Word treats U+00AD as a normal character and there are actual fonts that have a non-hyphen glyph mapped to this codepoint. For soft hyphens, Word uses 0x1F in DOC, <w:softHyphen/> in DOCX, \- in RTF. On import, Writer converts all these to U+00AD, so that normal U+00AD character usage is not possible, and (even worse) one can't distinguish between normal U+00AD character usage and soft hyphen to change non-Unicode-compliant usages to some other codepoint.
Steps to Reproduce:
Install the attached font and open the attached document
You see a soft hyphen in the sample
A diacritic from the font should be displayed
User Profile Reset: No
Created attachment 150579 [details]
Document to reproduce the bug
Created attachment 150580 [details]
Font to reproduce the bug
Created attachment 150581 [details]
Created attachment 150582 [details]
But U+00AD *is* soft hyphen?

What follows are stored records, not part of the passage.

-- ===== src/Commands/Set.antt =====
-- `cmd_set` of src/commands.cpp.
use redis_plus.Prelude.{
  ◌/◌, Bool, true, false, not, ◌&&◌, ◌||◌, Option, none, some, [], ◌∷◌, Bytes, codes, beq,
  has_value, if◌then◌else◌,
}
use redis_plus.Prelude.Int.{ℤ, pos, leb_ℤ, ltb_ℤ, eq_ℤ, ◌+ℤ◌, times_1000, max_i64}
use redis_plus.Decimal.{to_int64, int_to_string}
use redis_plus.Resp.Reply
use redis_plus.Store
use redis_plus.Store.{Store, no_expiry}
use redis_plus.Commands.Base.{
  Args, Outcome, replied, wrote, upper, not_integer, syntax_error, invalid_expire,
}

pub record SetOptions : Type 0 where
  pub expire_at : ℤ
  pub keepttl : Bool
  pub nx : Bool
  pub xx : Bool
  pub get : Bool

abbrev pub no_options : SetOptions
no_options = record { expire_at = no_expiry; keepttl = false; nx = false; xx = false; get = false }

-- The options read so far, or the error message that ends the command.
pub data Scanned : Type 0 where
  good : SetOptions → Scanned
  bad : Bytes → Scanned

infixl 10 ◌>>=◌
abbrev ◌>>=◌ : Scanned → (SetOptions → Scanned) → Scanned
good o >>= f = f o
bad message >>= f = bad message

abbrev is_relative : Bytes → Bool
is_relative opt = beq opt (codes "EX") || beq opt (codes "PX")

abbrev is_absolute : Bytes → Bool
is_absolute opt = beq opt (codes "EXAT") || beq opt (codes "PXAT")

abbrev in_seconds : Bytes → Bool
in_seconds opt = beq opt (codes "EX") || beq opt (codes "EXAT")

has_expire : SetOptions → Bool
has_expire o = not (eq_ℤ o.expire_at no_expiry)

-- in milliseconds, by the clock
with_deadline : ℤ → Bool → ℤ → SetOptions → Scanned
with_deadline clock relative n o =
    if relative && leb_ℤ n (pos 0)
    then bad invalid_expire
    else good (record o { expire_at = if relative then clock +ℤ n else n })

with_number : ℤ → Bytes → Option ℤ → SetOptions → Scanned
with_number clock opt none o = bad not_integer
with_number clock opt (some n) o =
    if in_seconds opt && ltb_ℤ (pos (max_i64 / 1000)) n
    then bad invalid_expire
    else with_deadline clock (is_relative opt) (if in_seconds opt then times_1000 n else n) o

timed_option : ℤ → Bytes → Bytes → SetOptions → Scanned
timed_option clock opt arg o =
    if has_expire o || o.keepttl then bad syntax_error else with_number clock opt (to_int64 arg) o

flag_option : Bytes → SetOptions → Scanned
flag_option opt o =
    if beq opt (codes "KEEPTTL")
    then (if has_expire o then bad syntax_error else good (record o { keepttl = true }))
    else if beq opt (codes "NX")
    then (if o.xx then bad syntax_error else good (record o { nx = true }))
    else if beq opt (codes "XX")
    then (if o.nx then bad syntax_error else good (record o { xx = true }))
    else if beq opt (codes "GET")
    then good (record o { get = true })
    else bad syntax_error

-- The loop over the options; a deadline option takes the argument behind it.
unfoldable pub scan_options : ℤ → SetOptions → Args → Scanned
unfolding has_expire with_deadline with_number timed_option flag_option
scan_options clock o [] = good o
scan_options clock o (a ∷ []) =
    let opt = upper a in
    if is_relative opt || is_absolute opt then bad syntax_error else flag_option opt o
scan_options clock o (a ∷ b ∷ rest) =
    let opt = upper a in
    let timed = timed_option clock opt b o >>= λ o'. scan_options clock o' rest in
    let flagged = flag_option opt o >>= λ o'. scan_options clock o' (b ∷ rest) in
    if is_relative opt || is_absolute opt then timed else flagged

-- the reply to GET: the value that was there
abbrev bulk_or_null : Option Bytes → Bytes
bulk_or_null none = Reply.null_bulk
bulk_or_null (some value) = Reply.bulk value

-- the canonical form of the write
abbrev pub canonical : Bytes → Bytes → ℤ → Args
canonical key value deadline =
    if eq_ℤ deadline no_expiry
    then codes "SET" ∷ key ∷ value ∷ []
    else codes "SET" ∷ key ∷ value ∷ codes "PXAT" ∷ int_to_string deadline ∷ []

-- KEEPTTL reads the time left and adds it to the clock.
unfoldable pub kept_deadline : Bytes → Store → ℤ × Store
kept_deadline key s =
    let (left, s') = Store.pttl key s in
    (if leb_ℤ (pos 0) left then s.clock +ℤ left else no_expiry, s')

unfoldable pub write_value : SetOptions → Bytes → Bytes → Option Bytes → ℤ × Store → Outcome
write_value o key value previous (deadline, s) = (
  wrote (if o.get then bulk_or_null previous else Reply.ok) (canonical key value deadline),
  Store.set key value deadline s,
)

unfoldable pub set_with : SetOptions → Bytes → Bytes → Store → Outcome
unfolding kept_deadline write_value
set_with o key value s =
    let (previous, s1) = Store.get key s in
    if o.nx && has_value previous || o.xx && not (has_value previous)
    then (replied (if o.get then bulk_or_null previous else Reply.null_bulk), s1)
    else write_value o key value previous
        (if o.keepttl then kept_deadline key s1 else (o.expire_at, s1))

unfoldable pub set_scanned : Scanned → Bytes → Bytes → Store → Outcome
set_scanned (bad message) key value s = (replied (Reply.error message), s)
set_scanned (good o) key value s = set_with o key value s

unfoldable pub cmd_set : Args → Store → Outcome
unfolding set_scanned
cmd_set (name ∷ key ∷ value ∷ options) s =
    set_scanned (scan_options s.clock no_options options) key value s
cmd_set _ s = (replied (Reply.wrong_arity (codes "set")), s)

At least Unicode tells that: https://www.unicode.org/charts/PDF/U0080.pdf
Yes it is - as per Unicode spec. But in Word documents, 0x00AD is a normal character. So the problem is how to allow usage of 0x00AD as a normal character in LibreOffice (if we remap them on import to some other codepoint, they won't be displayed with the proper glyph). Probably some special character attribute can be added for verbatim usages of special chars.
Another option could be adding a user-changeable import filter preference to convert U+00AD to some other codepoint/string. Ugly, right.